From: "Toke Høiland-Jørgensen" <toke@redhat.com>
To: Avinash Duduskar <avinash.duduskar@gmail.com>,
Alexei Starovoitov <ast@kernel.org>,
Daniel Borkmann <daniel@iogearbox.net>,
Andrii Nakryiko <andrii@kernel.org>
Cc: Eduard Zingerman <eddyz87@gmail.com>,
Kumar Kartikeya Dwivedi <memxor@gmail.com>,
Martin KaFai Lau <martin.lau@linux.dev>,
Song Liu <song@kernel.org>,
Yonghong Song <yonghong.song@linux.dev>,
Jiri Olsa <jolsa@kernel.org>,
Emil Tsalapatis <emil@etsalapatis.com>,
John Fastabend <john.fastabend@gmail.com>,
Stanislav Fomichev <sdf@fomichev.me>,
"David S. Miller" <davem@davemloft.net>,
Eric Dumazet <edumazet@google.com>,
Jakub Kicinski <kuba@kernel.org>, Paolo Abeni <pabeni@redhat.com>,
Simon Horman <horms@kernel.org>, David Ahern <dsahern@kernel.org>,
Shuah Khan <shuah@kernel.org>,
Jesper Dangaard Brouer <hawk@kernel.org>,
Mykyta Yatsenko <yatsenko@meta.com>,
Leon Hwang <leon.hwang@linux.dev>, KP Singh <kpsingh@kernel.org>,
Anton Protopopov <a.s.protopopov@gmail.com>,
Amery Hung <ameryhung@gmail.com>,
Eyal Birger <eyal.birger@gmail.com>, Rong Tao <rongtao@cestc.cn>,
bpf@vger.kernel.org, netdev@vger.kernel.org,
linux-kselftest@vger.kernel.org, linux-kernel@vger.kernel.org
Subject: Re: [PATCH bpf-next v2 3/4] bpf: Add BPF_FIB_LOOKUP_VLAN_INPUT flag to bpf_fib_lookup() helper
Date: Wed, 17 Jun 2026 11:42:53 +0200 [thread overview]

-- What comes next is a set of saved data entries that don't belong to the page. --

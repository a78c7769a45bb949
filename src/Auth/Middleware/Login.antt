-- ===== src/Auth/Middleware/Login.antt =====
-- A whole sign-on through the handlers of src/auth/middleware.go.
use bepper.Base.{◌≡◌, refl, sym, ap, subst, false, some, [], ◌∷◌}
use bepper.Base.Dict.{lookup}
use bepper.Base.Int.{ltb_ℤ, ◌+ℤ◌}
use bepper.Base.Result.{ok, or_error, bind_succeeds, or_error_succeeds, ok_inj}
use bepper.Auth.Middleware.{
  Libraries, Request, redirect, served, other, route, query_value, seal_login, begin_login,
  issue_session, complete_login, after_clearing, handle_callback, wrap, random_token,
  internal_error,
}
use bepper.Auth.Middleware.Callback.{Verified, Verified-authenticate}
use bepper.Auth.Middleware.Gate.{wrap-SignedIn, from_cookie-sent}
use bepper.Auth.Provider.{Authenticator, Claims}
use bepper.Auth.ReturnPath.{validate_return_path}
use bepper.Auth.Session.{
  cleared_login_state_cookie, Session, LoginState, Cookie, login_state_cookie,
  login_state_cookie_name, session_cookie_name, session_lifetime, decode_value,
  login_state_from_request,
}
use bepper.Auth.Session.RoundTrip.{
  CryptoLaws, Fills, Inverts, session_cookie-decode, login_state_cookie-decode,
}

module _ (lib : Libraries) (a : Authenticator) where
  -- What is relied on of the libraries.
  pub record Reliable : Type 0 where
    pub crypto : CryptoLaws lib.crypto
    pub sessions : Inverts lib.session_json
    pub logins : Inverts lib.login_json

  module _ (reliable : Reliable) where
    sealed-decode :
        (r : Request) (started ls : LoginState) (cookie : Cookie)
        → Fills (r.read 2)
        → seal_login lib a r started ≡ ok (ls, cookie)
        → (decode_value lib.crypto lib.login_json a.codec cookie.value ≡ ok ls) × (started ≡ ls)
    unfolding seal_login
    sealed-decode r started ls cookie fills h =
        let (made, sealed, h1) =
          bind_succeeds
            (or_error
              (login_state_cookie lib.crypto lib.login_json (r.read 2) a.codec a.secure_cookies
                started)
              internal_error)
            _ h in
        (
          subst (λ end. decode_value lib.crypto lib.login_json a.codec end.1.value ≡ ok end.0)
              (ok_inj h1)
              (login_state_cookie-decode lib.crypto reliable.crypto (r.read 2) fills lib.login_json
                a.codec a.secure_cookies started made reliable.logins
                (or_error_succeeds _ _ sealed)),
          ap (λ end. end.0) (ok_inj h1),
        )

    begun-decode :
        (r : Request) (ls : LoginState) (cookie : Cookie)
        → Fills (r.read 2)
        → begin_login lib a r ≡ ok (ls, cookie)
        → (decode_value lib.crypto lib.login_json a.codec cookie.value ≡ ok ls)
          × (ls.return_path ≡ validate_return_path lib.urls (query_value r "return"))
    unfolding begin_login
    begun-decode r ls cookie fills h =
        let (state, _, h1) = bind_succeeds (or_error (random_token lib (r.read 0)) _) _ h in
        let (nonce, _, h2) = bind_succeeds (or_error (random_token lib (r.read 1)) _) _ h1 in
        let (decoded, same) = sealed-decode r _ ls cookie fills h2 in
        (decoded, sym (ap (λ s. s.return_path) same))

    sent-login_state :
        (r : Request) (ls : LoginState) (cookie : Cookie)
        → lookup login_state_cookie_name r.cookies ≡ some cookie.value
        → decode_value lib.crypto lib.login_json a.codec cookie.value ≡ ok ls
        → login_state_from_request lib.crypto lib.login_json a.codec r.cookies ≡ some ls
    unfolding login_state_from_request
    sent-login_state r ls cookie sent decoded =
        from_cookie-sent login_state_cookie_name cookie.value
          (decode_value lib.crypto lib.login_json a.codec) r.cookies ls sent decoded

    abbrev session_at : Request → Claims → Session
    session_at r claims = record {
      email = claims.email;
      name = claims.name;
      expiry = r.now +ℤ session_lifetime;
    }

    issued-decode :
        (r : Request) (claims : Claims) (cookie : Cookie)
        → Fills (r.read 0)
        → issue_session lib a claims r ≡ ok cookie
        → decode_value lib.crypto lib.session_json a.codec cookie.value ≡ ok (session_at r claims)
    unfolding issue_session
    issued-decode r claims cookie fills h =
        session_cookie-decode lib.crypto reliable.crypto (r.read 0) fills lib.session_json a.codec
          a.secure_cookies (session_at r claims) cookie reliable.sessions (or_error_succeeds _ _ h)

    Verified-handle_callback :
        {Served : Type 0} (r : Request) (ls : LoginState) (claims : Claims) (cookie : Cookie)
        → login_state_from_request lib.crypto lib.login_json a.codec r.cookies ≡ some ls
        → Verified lib a ls claims r
        → issue_session lib a claims r ≡ ok cookie
        → handle_callback lib a {Served = Served} r ≡ record {
          set_cookies = cleared_login_state_cookie a.secure_cookies ∷ cookie ∷ [];
          reply = redirect ls.return_path;
        }
    unfolding handle_callback complete_login after_clearing
    Verified-handle_callback r ls claims cookie sent verified issued =
        rw (sent, Verified-authenticate lib a ls claims r verified, issued) refl

    -- A sign-on ends where it began. Let /auth/login have set a cookie for its state, and let the
    -- callback carry this cookie and claims that the provider vouches for in answer to it. Then the
    -- callback sets a session cookie and redirects to the path that the login accepted, and every
    -- request with this cookie is answered by the wrapped handler until the session expires.
    pub sign_on_completes :
        {Served : Type 0} (next : Request → Served) (login_request callback_request later : Request)
        (ls : LoginState) (login_cookie cookie : Cookie) (claims : Claims)
        → Fills (login_request.read 2)
        → Fills (callback_request.read 0)
        → begin_login lib a login_request ≡ ok (ls, login_cookie)
        → lookup login_state_cookie_name callback_request.cookies ≡ some login_cookie.value
        → Verified lib a ls claims callback_request
        → issue_session lib a claims callback_request ≡ ok cookie
        → route later.method later.path ≡ other
        → lookup session_cookie_name later.cookies ≡ some cookie.value
        → ltb_ℤ (callback_request.now +ℤ session_lifetime) later.now ≡ false
        → (handle_callback lib a {Served = Served} callback_request ≡ record {
          set_cookies = cleared_login_state_cookie a.secure_cookies ∷ cookie ∷ [];
          reply = redirect (validate_return_path lib.urls (query_value login_request "return"));
        })
          × ((wrap lib a next later).reply ≡ served (next later))
    sign_on_completes {Served = Served} next r1 r2 r3 ls login_cookie cookie claims fills1 fills2
          begun sent verified issued elsewhere sent_session fresh =
        let (decoded, path) = begun-decode r1 ls login_cookie fills1 begun in
        let session = issued-decode r2 claims cookie fills2 issued in
        (
          subst
              (λ p. handle_callback lib a {Served = Served} r2 ≡ record {
                set_cookies = cleared_login_state_cookie a.secure_cookies ∷ cookie ∷ [];
                reply = redirect p;
              })
              path
              (Verified-handle_callback r2 ls claims cookie
                (sent-login_state r2 ls login_cookie sent decoded) verified issued),
          (wrap-SignedIn lib a next r3 (next r3)).1 (
            elsewhere,
            refl,
            (
              session_at r2 claims,
              record { raw = cookie.value; sent = sent_session; decoded = session; fresh = fresh },
            ),
          ),
        )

Message-ID: <874ij1h59e.fsf@toke.dk> (raw)
In-Reply-To: <20260616223426.3568080-4-avinash.duduskar@gmail.com>
Avinash Duduskar <avinash.duduskar@gmail.com> writes:
> BPF_FIB_LOOKUP_VLAN resolves a VLAN egress. The reverse is also
> useful: an XDP program receiving a VLAN-tagged frame on a physical
> device wants the lookup to behave as if the packet had arrived on the
> corresponding VLAN subinterface, so iif-based policy routing and VRF
> table selection use the right ingress.
>
> Add BPF_FIB_LOOKUP_VLAN_INPUT. When set, params->h_vlan_proto and
> params->h_vlan_TCI are read as an input VLAN tag and the matching VLAN
> device of params->ifindex is resolved with __vlan_find_dev_deep_rcu().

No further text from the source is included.